Friday, April 02, 2010

Whoa!! We Hate Persib and We Hate Persib!! We are the Persib...Haters.

Over a week ago, soccer came to Senayan once again in the form of an Indonesian Super League game between Persija Jakarta and Persib Bandung. This fixture is a grudge match to rival Liverpool versus Manchester United or Barcelona versus Real Madrid and, as a consequence of this, as well as the fact that violence has been endemic at Indonesian soccer matches over the years, all away supporters were banned from attending the game. The last time these two sides met in January however, there were no supporters watching at all owing to security concerns.
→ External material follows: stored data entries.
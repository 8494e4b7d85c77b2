-- ===== src/Journal/Paging.antt =====
-- The pages of `view`, followed from one to the next, show every wanted entry once.
use zwrt_datad.Prelude.{
  retain-retain, last-All, All-retained, append_nil, take_all, take-drop, last-none, length_zero, ℕ,
  zero, suc, ◌+◌, ◌*◌, ◌≤◌, ◌<◌, ◌^◌, ◌≡◌, refl, sym, ◌∙◌, Bool, true, false, ◌&&◌, Option, none,
  some, List, [], ◌∷◌, ◌++◌, arith, length, length-take, take, drop, length-drop, retain,
  length-retain, last, ltb, Bool-cases, inl, inr, Option-cases, if◌then◌else◌, length-append,
}
use zwrt_datad.Prelude.Text.{Bytes}
use zwrt_datad.Journal.{Journal, Stored, Entry, newest_first, older, wanted, view, id_of}
use zwrt_datad.Journal.Falling.{
  IsFalling, IsFalling-newest_first, IsFalling-retain, before_id, next_page,
}
use zwrt_datad.Journal.Rising.{run-IsGood}
use zwrt_datad.Journal.Trace.{Sample, started}

-- The entries of the page before `before`, and of the pages behind it, `n` pages at most.
unfoldable pub walk : ℕ → Journal → Option Bytes → Bool → Option ℕ → List Entry
walk zero j category failed before = []
walk (suc n) j category failed before =
    let page = view j before category failed in
    page.entries
    ++ elim page.next_before [ none ↦ [] | some id ↦ walk n j category failed (some id) ]

-- A page and what follows it are the entries, if what follows is what lies behind the page.
page_and_rest :
    (entries : List Entry) (rest : ℕ → List Entry)
    → ((e : Entry) → last (take 100 entries) ≡ some e → rest e.id ≡ drop 100 entries)
    → (take 100 entries
        ++ elim (if ltb 100 (length entries) then id_of (last (take 100 entries)) else none) [
          | none ↦ []
          | some id ↦ rest id
        ])
      ≡ entries
unfolding id_of
page_and_rest entries rest h = elim (Bool-cases (ltb 100 (length entries))) [
  | inr t ↦ rw t (append_nil (take 100 entries) ∙ take_all 100 entries (ground arith))
  | inl t ↦ elim (Option-cases (last (take 100 entries))) [
    | inl e ↦ absurd (ground (arith, t, last-none (take 100 entries) e, length-take 100 entries))
    | inr (e, l) ↦ rw (t, l, h e l) (take-drop 100 entries)
  ]
]

length-newest_first : (entries : List Entry) → length (newest_first entries) ≡ length entries
length-newest_first [] = refl
length-newest_first (e ∷ entries) =
    omega (arith, length-append (newest_first entries) (e ∷ []), length-newest_first entries)

module _ (category : Option Bytes) (failed : Bool) where
  shown : Option ℕ → Entry → Bool
  shown before e = older before e && wanted category failed e

  found : Option ℕ → Journal → List Entry
  unfolding shown
  found before j = retain (shown before) (newest_first j.stored.entries)

  shown-before_id :
      (before : Option ℕ) (e x : Entry)
      → shown before e ≡ true
      → shown (some e.id) x ≡ (if before_id e.id x then shown before x else false)
  unfolding shown older before_id
  shown-before_id none e x h = ground arith
  shown-before_id (some b) e x h = ground arith

  next_found :
      (j : Journal) (hi : ℕ) (before : Option ℕ) (e : Entry)
      → IsFalling hi (newest_first j.stored.entries) 0
      → last (take 100 (found before j)) ≡ some e
      → found (some e.id) j ≡ drop 100 (found before j)
  unfolding found
  next_found j hi before e h l =
      let entries = newest_first j.stored.entries in
      let s : shown before e ≡ true =
        last-All (λ x. shown before x ≡ true) _ 100 e (All-retained (shown before) entries) l in
      sym (
        retain-retain (shown before) (before_id e.id) (shown (some e.id)) entries
          (λ x. shown-before_id before e x s))
      ∙ next_page 99 (found before j) hi 0 e (IsFalling-retain (shown before) hi entries 0 h) l

  first_page :
      (j : Journal) (n : ℕ) (before : Option ℕ)
      → ((e : Entry)
          → last (take 100 (found before j)) ≡ some e
          → walk n j category failed (some e.id) ≡ drop 100 (found before j))
      → walk (suc n) j category failed before ≡ found before j
  unfolding walk view found shown
  first_page j n before h =
      page_and_rest (found before j) (λ id. walk n j category failed (some id)) h

  found_at_most :
      (j : Journal) (before : Option ℕ)
      → length (found before j) ≤ length (newest_first j.stored.entries)
  unfolding found
  found_at_most j before = length-retain (shown before) (newest_first j.stored.entries)

  found_first :
      (j : Journal) → found none j ≡ retain (wanted category failed) (newest_first j.stored.entries)
  unfolding found shown older
  found_first j = refl

  walk-found :
      (j : Journal) (hi : ℕ)
      → IsFalling hi (newest_first j.stored.entries) 0
      → (n : ℕ) (before : Option ℕ) → length (found before j) ≤ 100 * n
      → walk n j category failed before ≡ found before j
  unfolding walk
  walk-found j hi h zero before l = sym (length_zero (found before j) (omega arith))
  walk-found j hi h (suc n) before l =
      first_page j n before
        (λ e t. walk-found j hi h n (some e.id) (shorter e t) ∙ next_found j hi before e h t)
    where
      shorter :
          (e : Entry)
          → last (take 100 (found before j)) ≡ some e
          → length (found (some e.id) j) ≤ 100 * n
      shorter e t =
          rw (next_found j hi before e h t) (omega (arith, length-drop 100 (found before j)))

-- From a missing file, after any calls and restarts that are fewer than 2^64 - 1: three pages, each
-- asked for with the `next_before` of the one before, show exactly the entries of the category and
-- the result asked for, the newest first.
pub walk-wanted :
    (fits : Stored → Bool) (samples : List Sample) (category : Option Bytes) (failed : Bool)
    → length samples + 1 < 2 ^ 64
    → let j = started fits samples in
      walk 3 j category failed none
      ≡ retain (wanted category failed) (newest_first j.stored.entries)
walk-wanted fits samples category failed l =
    let j = started fits samples in
    let g = run-IsGood fits samples l in
    walk-found category failed j j.stored.next_id
      (IsFalling-newest_first 0 j.stored.entries j.stored.next_id g.rising) 3 none
      (omega (
        arith,
        found_at_most category failed j none,
        length-newest_first j.stored.entries,
        g.at_most,
      ))
    ∙ found_first category failed j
And so I peddled my bicycle to Senayan, locked it against a fence and strolled into the stadium grounds, trusting that nobody would mistake my scrawny white buns for those of a Bandung supporter and kick my head in. I don't generally have the greatest faith in the Indonesian police, even the 2000 strong force that were on duty at the match, and so I bought an orange scarf to show my allegiance to the home team. Orange is the Persija color of course and the city is turned into a riot of vividly adorned buses on match days. The team itself plays in red however. Go figure.

I made it to the VIP entrance and, after paying Rp.100,000 to a tout for a Rp.60,000 ticket, I managed to find a comfortable seat in the press area away from the unwashed orange herd. The person who dubbed soccer, "The beautiful game" had clearly never attended an Indonesian fixture. The national team has a pretty abysmal record of course and has just spectacularly failed to qualify for the 2011 Asian Cup and also recently lost to regional minnows Laos in the SEA Games. Possibly, things haven't been helped by the fact that the head of the Indonesian Football Association (PSSI), Nurdin Halid, ran the organization from a jail cell for over a year a little while back. Only in Indonesia, etc etc. I think the most hilarious story that I've ever read about the nefarious world of Indonesian soccer however involved a referee being chased around the pitch by a local Regent after a particularly controversial decision.

The Indonesian Super League itself is hardly overflowing with precocious footballing genius and most of its best players have been imported from Africa and various other countries. The atmosphere on the terraces was quite electric however. Bung Karno Stadium could do with a bit of renovating but can hold an impressive 100,000 people. The top tier had been closed off for the match but there must have been a good 50,000 present, all shouting, screaming, chanting, lighting flares, taking part in Mexican waves and most likely stealing each others’ wallets. Perhaps it says something about the Indonesian economy that a normal league game held on a weekday during working hours can attract so many supporters.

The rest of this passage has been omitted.